World J Clin Cases. Sep 16, 2014; 2(9): 409-414
Published online Sep 16, 2014. doi: 10.12998/wjcc.v2.i9.409
Review of tumoral calcinosis: A rare clinico-pathological entity
Ibrahim Fathi, Mahmoud Sakr
Ibrahim Fathi, Mahmoud Sakr, Department of Surgery, Faculty of Medicine, University of Alexandria, Raml Station, Alexandria 21500, Egypt
Author contributions: Fathi I reviewed the articles dealing with tumoral calcinosis and wrote the manuscript; Sakr M reviewed the articles dealing with tumoral calcinosis and revised the manuscript.
Correspondence to: Mahmoud Sakr, MD, PhD, FACS, Professor of Surgery, Faculty of Medicine, University of Alexandria, Shamblion st., Raml Station, Alexandria 21500, Egypt. mah_sakr@yahoo.com
Telephone: +20-10-07834993 Fax: +20-20-34841189
Received: April 10, 2014
Revised: June 8, 2014
Accepted: June 27, 2014
Published online: September 16, 2014
Processing time: 167 Days and 20 Hours
Abstract

Tumoral calcinosis (TC) has long been a controversial clinico-pathological entity. Its pathogenesis and genetic background have been gradually unravelled since its first description in 1943. According to the presence or absence of an underlying calcifying disease process, TC has been divided into primary and secondary varieties. Two subtypes of the primary variety exist; a hyper-phosphatemic type with familial basis represented by mutations in GalNAc transferase 3 gene (GALNT3), KLOTHO or Fibroblast growth factor 23 (FGF23) genes, and a normo-phosphatemic type with growing evidence of underlying familial base represented by mutation in SAMD9 gene. The secondary variety is mainly associated with chronic renal failure and the resulting secondary or tertiary hyperparathyroidism. Diagnosis of TC relies on typical radiographic features (on plain radiographs and computed tomography) and the biochemical profile. Magnetic resonance imaging can be done in difficult cases, and scintigraphy reflects the disease activity. Treatment is mainly surgical for the primary variety; however, a stage-oriented conservative approach using phosphate binders, phosphate restricted diets and acetazolamide should be considered before the surgical approach is pursued due to the high rate of recurrences and complications after surgical intervention. Medical treatment is the mainstay for treatment of the secondary variety, with failure warranting subtotal or total parathyroidectomy. Surgical intervention in these patients should be kept as a last resort.
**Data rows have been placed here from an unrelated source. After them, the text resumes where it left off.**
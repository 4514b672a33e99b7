-- ===== src/Game/Enums.antt =====
-- src/padrino/core/enums.py: the enumerations that the deterministic engine reads. Members of
-- different enumerations share names, so they are written with their type: `Faction.mafia`.
use Prim.Native.String.{String}
use padrino.Base.{Eq}

pub data Faction : Type 0 where
  town mafia serial_killer jester : Faction

pub data Role : Type 0 where
  mafia_goon ninja godfather mafia_roleblocker framer janitor detective doctor : Role
  tracker watcher mayor commuter mason serial_killer jester villager : Role

pub data ActionType : Type 0 where
  noop abstain vote mafia_kill protect investigate : ActionType
  roleblock frame track watch clean serial_kill : ActionType

pub data SeatKind : Type 0 where
  ai human ai_takeover : SeatKind

pub data PhaseKind : Type 0 where
  setup night_0_mafia_intro day_discussion day_vote : PhaseKind
  night_mafia_discussion night_actions terminal : PhaseKind

unfoldable pub Faction-discrete : Discrete Faction
Faction-discrete = hlevel

unfoldable pub Role-discrete : Discrete Role
Role-discrete = hlevel

unfoldable pub ActionType-discrete : Discrete ActionType
ActionType-discrete = hlevel

unfoldable pub SeatKind-discrete : Discrete SeatKind
SeatKind-discrete = hlevel

unfoldable pub PhaseKind-discrete : Discrete PhaseKind
PhaseKind-discrete = hlevel

instance abbrev pub faction_eq : Eq Faction
faction_eq = record { dec = Faction-discrete }

instance abbrev pub role_eq : Eq Role
role_eq = record { dec = Role-discrete }

instance abbrev pub action_type_eq : Eq ActionType
action_type_eq = record { dec = ActionType-discrete }

instance abbrev pub seat_kind_eq : Eq SeatKind
seat_kind_eq = record { dec = SeatKind-discrete }

instance abbrev pub phase_kind_eq : Eq PhaseKind
phase_kind_eq = record { dec = PhaseKind-discrete }

-- `Faction.X.value`
unfoldable pub faction_value : Faction → String
faction_value Faction.town = "TOWN"
faction_value Faction.mafia = "MAFIA"
faction_value Faction.serial_killer = "SERIAL_KILLER"
faction_value Faction.jester = "JESTER"
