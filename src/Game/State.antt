-- ===== src/Game/State.antt =====
-- src/padrino/core/engine/state.py and actions.py. Player ids are texts; days, rounds and seat
-- indices are natural numbers, and a stored shot count is an integer, since the code clips it at 0.
use padrino.Base.{
  ℕ, Bool, ◌&&◌, Option, none, some, List, [], ◌∷◌, String, ◌==◌, filter, find, count_if, Dict,
  bump, if◌then◌else◌, string_eq,
}
use padrino.Game.Enums.{Faction, Role, ActionType, SeatKind, PhaseKind, faction_eq, role_eq}

pub data ℤ : Type 0 where
  pos : ℕ → ℤ
  negsuc : ℕ → ℤ

pub data Finding : Type 0 where
  mafia town : Finding

pub record QueuedInspection : Type 0 where
  pub target : String
  pub finding : Finding

pub record Seat : Type 0 where
  pub public_player_id : String
  pub seat_index : ℕ
  pub role : Role
  pub faction : Faction
  pub alive : Bool
  pub death_phase : Option String
  pub last_protected_target : Option String
  pub queued_inspection_result : Option QueuedInspection
  pub seat_kind : Option SeatKind
  pub janitor_clean_shots_remaining : Option ℤ
  pub framer_frame_shots_remaining : Option ℤ

pub record Phase : Type 0 where
  pub kind : PhaseKind
  pub day : ℕ
  pub round : ℕ

pub record GameState : Type 0 where
  pub ruleset_id : String
  pub game_id : String
  pub game_seed : String
  pub current_phase : Phase
  pub seats : List Seat
  pub day : ℕ
  pub terminal_result : Option String
  pub terminal_reason : Option String
  pub win_condition_triggers : List String

pub record Action : Type 0 where
  pub type : ActionType
  pub target : Option String

abbrev janitor_clean_shot_cap : ℕ
janitor_clean_shot_cap = 1

abbrev framer_frame_shot_cap : ℕ
framer_frame_shot_cap = 1

unfoldable pub living_seats : GameState → List Seat
living_seats state = filter (λ s. s.alive) state.seats

unfoldable pub living_seats_by_faction : GameState → Faction → List Seat
living_seats_by_faction state faction = filter (λ s. s.alive && s.faction == faction) state.seats

unfoldable pub seat_by_public_id : GameState → String → Option Seat
seat_by_public_id state public_player_id =
    find (λ s. s.public_player_id == public_player_id) state.seats

unfoldable pub alive_count_by_faction : GameState → Faction → ℕ
alive_count_by_faction state faction = count_if (λ s. s.alive && s.faction == faction) state.seats

-- The loop of `alive_counts_by_faction`, from the counts so far.
unfoldable pub count_factions : List Seat → Dict Faction ℕ → Dict Faction ℕ
count_factions [] counts = counts
count_factions (s ∷ seats) counts =
    count_factions seats (if s.alive then bump s.faction 1 counts else counts)

unfoldable pub alive_counts_by_faction : GameState → Dict Faction ℕ
unfolding count_factions
alive_counts_by_faction state = count_factions state.seats []

-- `max(n, 0)`
abbrev max_zero : ℤ → ℕ
max_zero (pos n) = n
max_zero (negsuc n) = 0

abbrev shots_or : ℕ → Option ℤ → ℕ
shots_or cap none = cap
shots_or cap (some n) = max_zero n

unfoldable pub janitor_clean_shots_remaining : Seat → ℕ
janitor_clean_shots_remaining seat =
    if seat.role == Role.janitor
    then shots_or janitor_clean_shot_cap seat.janitor_clean_shots_remaining
    else 0

unfoldable pub framer_frame_shots_remaining : Seat → ℕ
framer_frame_shots_remaining seat =
    if seat.role == Role.framer
    then shots_or framer_frame_shot_cap seat.framer_frame_shots_remaining
    else 0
Keywords: Tumoral calcinosis; Primary; Secondary; Calcification; Surgical excision; FGF23; GALNT3; KLOTHO; Phosphate binders

Core tip: This review of literature on tumoral calcinosis, describes the current understanding of the pathogenesis and classifications of this relatively rare clinico-pathological entity. It discusses the different current diagnostic modalities and treatment options.